Iraq and Vietnam, Part II

While far fewer Americans have died in Iraq, it’s a worse catastrophe for American security than was Vietnam.

We felt the need to fight and stay in Vietnam in large part because of the Domino Theory. That always seemed to me to show far too little confidence in the power of democracy and capitalism, though that view is admittedly easier to come by for those of us who weren’t born until after we left Vietnam.

Today, there is still no reason to believe that there’s any better system than democratic capitalism, and there’s no state competitor ready to exploit our departure from Iraq.

The difference is that the threat of our times, terrorism, is about hitting us at home in a way that communism never did.
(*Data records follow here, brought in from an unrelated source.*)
-- ===== src/Calls/Flow/Steps.antt =====
-- The parts of `prepare_call` (fuel-vm/src/interpreter/flow.rs).
use fuel_vm.Reg
use fuel_vm.Prelude.{
  ℕ, saturating_add, ◌+◌, ◌-◌, ◌≡◌, ◌≢◌, refl, ap, ◌∙◌, Option, none, some, List, ◌∷◌, arith,
  checked_add, le→leb, replicate, min,
}
use fuel_vm.Outcome.{Result, ok, err, panic, bug, PanicReason, BugVariant}
use fuel_vm.Memory.{Slot, read, write_noownerchecks, grow_stack, copy_from_slice}
use fuel_vm.Vm
use fuel_vm.Vm.{CallFrame, Registers, instruction_size}
use fuel_vm.Calls.Receipts
use fuel_vm.Calls.Receipts.{Bytes32, Receipt, ReceiptsCtx}
use fuel_vm.Calls.Frame.{
  call_len, call_try_from, serialized_size, new_frame, frame_to_bytes, padded_len,
}
use fuel_vm.Calls.{
  Interpreter, Parameters, from_option, gets, reg, read_id, internal_contract_or_zeroed,
  push_receipt, set_frame_pointer,
}
use fuel_vm.Calls.Binds.{Ends, Ended, Ends-bind, Ends-map, pure-Ends}
use fuel_vm.Calls.Quiet.{
  Quiet, QuietVm, Quietly, Quietly-bind, gets-Quietly, from_result-Quietly, from_option-Quietly,
  pure-Quietly, on_memory-Quietly, Quiet-refl, quiet-Ends,
}
use fuel_vm.Calls.Contract.{contract_size}
use fuel_vm.Calls.Flow.{
  Callee, split_at, read_contract, set_stack, set_start, read_callee, forward_gas, new_call_frame,
  enter_frame, start_code, write_frame, fill, set_frames,
}

pub reg-Quietly : (r : ℕ) → Quietly (reg r)
reg-Quietly r = record { quiet = Quiet-refl }

pub read_id-Quietly : (addr : ℕ) → Quietly (read_id addr)
read_id-Quietly addr = record { quiet = Quiet-refl }

pub read_callee-Quietly : (a b : ℕ) → Quietly (read_callee a b)
unfolding read_callee
read_callee-Quietly a b = Quietly-bind (gets-Quietly (λ s. read s.vm.memory a call_len)) λ bytes.
    Quietly-bind (from_result-Quietly bytes) λ call_bytes.
      Quietly-bind (from_result-Quietly (call_try_from call_bytes)) λ call.
        Quietly-bind (read_id-Quietly b) λ asset_id.
          Quietly-bind (gets-Quietly (λ s. contract_size s.storage call.to)) λ size.
            Quietly-bind (from_result-Quietly size) λ code_size.
              Quietly-bind
                (from_option-Quietly (padded_len code_size) (panic PanicReason.memory_overflow))
                λ padded.
                  Quietly-bind
                    (from_option-Quietly (checked_add serialized_size padded)
                      (bug BugVariant.code_size_overflow))
                    λ total. pure-Quietly (record {
                      call = call;
                      asset_id = asset_id;
                      code_size = code_size;
                      code_size_padded = padded;
                      total_size = total;
                    })

pub fill-Quietly : (slot : Slot) (bytes : List ℕ) → Quietly (fill slot bytes)
unfolding fill
fill-Quietly slot bytes = on_memory-Quietly (λ memory. copy_from_slice memory slot bytes)

pub write_frame-Quietly : (frame : CallFrame) (callee : Callee) → Quietly (write_frame frame callee)
unfolding write_frame
write_frame-Quietly frame callee = Quietly-bind (reg-Quietly Reg.fp) λ fp.
    Quietly-bind (gets-Quietly (λ s. write_noownerchecks s.vm.memory fp callee.total_size)) λ slot.
      Quietly-bind (from_result-Quietly slot) λ dst.
        Quietly-bind (fill-Quietly (split_at serialized_size dst).0 (frame_to_bytes frame)) λ _.
          Quietly-bind (gets-Quietly (λ s. read_contract s.storage callee.call.to)) λ c.
            Quietly-bind (from_result-Quietly c) λ code.
              Quietly-bind
                (fill-Quietly (split_at callee.code_size (split_at serialized_size dst).1).0 code)
                λ _.
                  fill-Quietly (split_at callee.code_size (split_at serialized_size dst).1).1
                    (replicate (callee.code_size_padded - callee.code_size) 0)

pub forward_gas-Ends :
    (amount : ℕ) (s : Interpreter)
    → Ends
        (λ gas t.
          QuietVm s.vm t.vm
          × (t.vm.registers Reg.cgas + gas ≡ s.vm.registers Reg.cgas)
          × (t.vm.registers Reg.ggas ≡ s.vm.registers Reg.ggas))
        (forward_gas amount)
        s
unfolding forward_gas
forward_gas-Ends amount s = record {
  ends =
      rw (le→leb (min (s.vm.registers Reg.cgas) amount) (s.vm.registers Reg.cgas) (omega arith)) (
        record { others = λ r h k. ground arith; less_gas = omega arith; frames = refl },
        omega arith,
        refl,
      );
}

framed :
    (callee : Callee) (s : Interpreter) (padded : Option ℕ)
    → Ended {A = CallFrame}
        (λ frame t. Quiet s t × (frame.registers ≡ t.vm.registers))
        (from_option
          (elim padded [
            | none ↦ none
            | some n ↦ some (record {
              to = callee.call.to;
              asset_id = callee.asset_id;
              registers = s.vm.registers;
              code_size_padded = n;
              a = callee.call.a;
              b = callee.call.b;
            })
          ])
          (panic PanicReason.memory_overflow)
          s)
framed callee s none = tt
framed callee s (some n) = (Quiet-refl s, refl)

pub new_call_frame-Ends :
    (callee : Callee) (s : Interpreter)
    → Ends (λ frame t. Quiet s t × (frame.registers ≡ t.vm.registers)) (new_call_frame callee) s
unfolding new_call_frame new_frame
new_call_frame-Ends callee s = record {
  ends = framed callee s (padded_len callee.code_size_padded);
}

pub set_stack-Ends :
    (new_sp : ℕ) (s : Interpreter)
    → Ends
        (λ _ t. (t.vm.registers Reg.ssp ≡ t.vm.registers Reg.sp) × (t.vm.frames ≡ s.vm.frames))
        (set_stack new_sp)
        s
unfolding set_stack
set_stack-Ends new_sp s = record { ends = (refl, refl) }

pub set_frame_pointer-Ends :
    (fp : ℕ) (s : Interpreter)
    → Ends
        (λ _ t.
          (t.vm.registers Reg.fp ≡ fp)
          × (t.vm.registers Reg.ssp ≡ s.vm.registers Reg.ssp)
          × (t.vm.registers Reg.sp ≡ s.vm.registers Reg.sp)
          × (t.vm.frames ≡ s.vm.frames))
        (set_frame_pointer fp)
        s
unfolding set_frame_pointer
set_frame_pointer-Ends fp s = record { ends = (refl, refl, refl, refl) }

pub kept :
    {s t : Interpreter}
    → Quiet s t
    → (r : ℕ) → (r ≢ Reg.cgas) × (r ≢ Reg.ggas)
    → t.vm.registers r ≡ s.vm.registers r
kept q r (h, k) = q.machine.others r h k

pub old_sp-Ends :
    (s : Interpreter)
    → Ends (λ old_sp t. (old_sp ≡ s.vm.registers Reg.sp) × Quiet s t) (reg Reg.sp) s
old_sp-Ends s = record { ends = (refl, Quiet-refl s) }

pub enter_frame-Ends :
    (frame : CallFrame) (callee : Callee) (s : Interpreter)
    → Ends
        (λ _ t.
          (t.vm.registers Reg.fp ≡ s.vm.registers Reg.sp)
          × (t.vm.registers Reg.ssp ≡ t.vm.registers Reg.sp)
          × (t.vm.frames ≡ s.vm.frames))
        (enter_frame frame callee)
        s
unfolding enter_frame
enter_frame-Ends frame callee s = Ends-bind (old_sp-Ends s) λ old_sp s₁ (e, q₁).
    Ends-bind
      (quiet-Ends (on_memory-Quietly (λ m. grow_stack m (saturating_add old_sp callee.total_size)))
        s₁)
      λ _ s₂ q₂.
        Ends-bind (set_stack-Ends (saturating_add old_sp callee.total_size) s₂) λ _ s₃ (t₃, f₃).
          Ends-bind (quiet-Ends (gets-Quietly internal_contract_or_zeroed) s₃) λ id s₄ q₄.
            Ends-bind (set_frame_pointer-Ends old_sp s₄) λ _ s₅ (p₅, a₅, b₅, f₅).
              Ends-bind (quiet-Ends (write_frame-Quietly frame callee) s₅) λ _ s₆ q₆.
                pure-Ends id s₆ (
                  kept q₆ Reg.fp (omega arith) ∙ p₅ ∙ e,
                  omega (
                    arith,
                    kept q₆ Reg.ssp (omega arith),
                    kept q₆ Reg.sp (omega arith),
                    a₅,
                    b₅,
                    kept q₄ Reg.ssp (omega arith),
                    kept q₄ Reg.sp (omega arith),
                    t₃,
                  ),
                  q₆.machine.frames
                      ∙ (f₅ ∙ (q₄.machine.frames ∙ (f₃ ∙ (q₂.machine.frames ∙ q₁.machine.frames)))),
                )

-- The registers that a call starts the callee with
pub record Started (amount gas : ℕ) (s t : Interpreter) : Type 0 where
  pub pc : t.vm.registers Reg.pc ≡ s.vm.registers Reg.fp + serialized_size
  pub is : t.vm.registers Reg.is ≡ t.vm.registers Reg.pc
  pub cgas : t.vm.registers Reg.cgas ≡ gas
  pub bal : t.vm.registers Reg.bal ≡ amount
  pub flag : t.vm.registers Reg.flag ≡ 0
  pub fp : t.vm.registers Reg.fp ≡ s.vm.registers Reg.fp
  pub ssp : t.vm.registers Reg.ssp ≡ s.vm.registers Reg.ssp
  pub sp : t.vm.registers Reg.sp ≡ s.vm.registers Reg.sp
  pub frames : t.vm.frames ≡ s.vm.frames

pub set_start-Ends :
    (amount gas : ℕ) (s : Interpreter)
    → Ends (λ _ t. Started amount gas s t) (set_start amount gas) s
unfolding set_start
set_start-Ends amount gas s = record {
  ends = record {
    pc = refl;
    is = refl;
    cgas = refl;
    bal = refl;
    flag = refl;
    fp = refl;
    ssp = refl;
    sp = refl;
    frames = refl;
  };
}

pushed :
    (s : Interpreter) (r : Result ReceiptsCtx)
    → Ended {A = Unit {0}}
        (λ _ t. t.vm ≡ s.vm)
        (elim r [ ok ctx ↦ (ok tt, record s { receipts = ctx }) | err e ↦ (err e, s) ])
pushed s (ok ctx) = refl
pushed s (err e) = tt

pub push_receipt-Ends :
    (p : Parameters) (receipt : Receipt) (s : Interpreter)
    → Ends (λ _ t. t.vm ≡ s.vm) (push_receipt p receipt) s
unfolding push_receipt
push_receipt-Ends p receipt s = record {
  ends = pushed s (Receipts.push p.sha256 p.to_bytes receipt s.receipts);
}

pub frames-Ends :
    (s : Interpreter)
    → Ends (λ frames t. (frames ≡ s.vm.frames) × (t.vm ≡ s.vm)) (gets (λ t. t.vm.frames)) s
frames-Ends s = record { ends = (refl, refl) }

pub set_frames-Ends :
    (frames : List CallFrame) (s : Interpreter)
    → Ends (λ _ t. (t.vm.frames ≡ frames) × (t.vm.registers ≡ s.vm.registers)) (set_frames frames) s
unfolding set_frames
set_frames-Ends frames s = record { ends = (refl, refl) }

pub start_code-Ends :
    (p : Parameters) (frame : CallFrame) (callee : Callee) (id : Bytes32) (amount gas : ℕ)
    (s : Interpreter)
    → Ends
        (λ _ t.
          (t.vm.frames ≡ frame ∷ s.vm.frames)
          × ((u : Interpreter) × Started amount gas s u × (t.vm.registers ≡ u.vm.registers)))
        (start_code p frame callee id amount gas)
        s
unfolding start_code
start_code-Ends p frame callee id amount gas s =
    Ends-bind (set_start-Ends amount gas s) λ start s₁ h.
      Ends-bind
        (push_receipt-Ends p
          (Receipt.call id callee.call.to amount callee.asset_id gas callee.call.a callee.call.b
            start start)
          s₁)
        λ _ s₂ e. Ends-bind (frames-Ends s₂) λ frames s₃ (f, g).
          Ends-map
            (λ _ t (k, l). (
              k
                  ∙ ap (λ (fs : List CallFrame). frame ∷ fs)
                      (f ∙ (ap (λ (vm : Vm.Vm). vm.frames) e ∙ h.frames)),
              (s₁, h, l ∙ ap (λ (vm : Vm.Vm). vm.registers) (g ∙ e)),
            ))
            (set_frames-Ends (frame ∷ frames) s₃)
Plus, during the Cold War, proxy wars were part of the scene. But in the post-Cold War era, nearly unilateral invasions of countries were not. The Iraq invasion has had a worse impact on perceptions of the US than did Vietnam.

The groups that calls itself Al Qaeda in Iraq is extremely unpopular there. It will not long survive our departure. But by stirring up a hornet’s nest, we have increased the resentment that helps breed terrorism.

We have also diminished the allure of America, increased willingness to accept Chinese influence, and discredited the concept of democracy— or at least its advocacy by the US— in at least the Middle East and Central Asia, and probably beyond.

The situation in Iraq itself, and what it symbolizes, will haunt us for years in very real and visible ways, unlike the supposed impact on our psyche of Vietnam. We should be so lucky as to see our relations with Iraq and its neighbors in 30 years be like our relations with Vietnam and its neighbors today.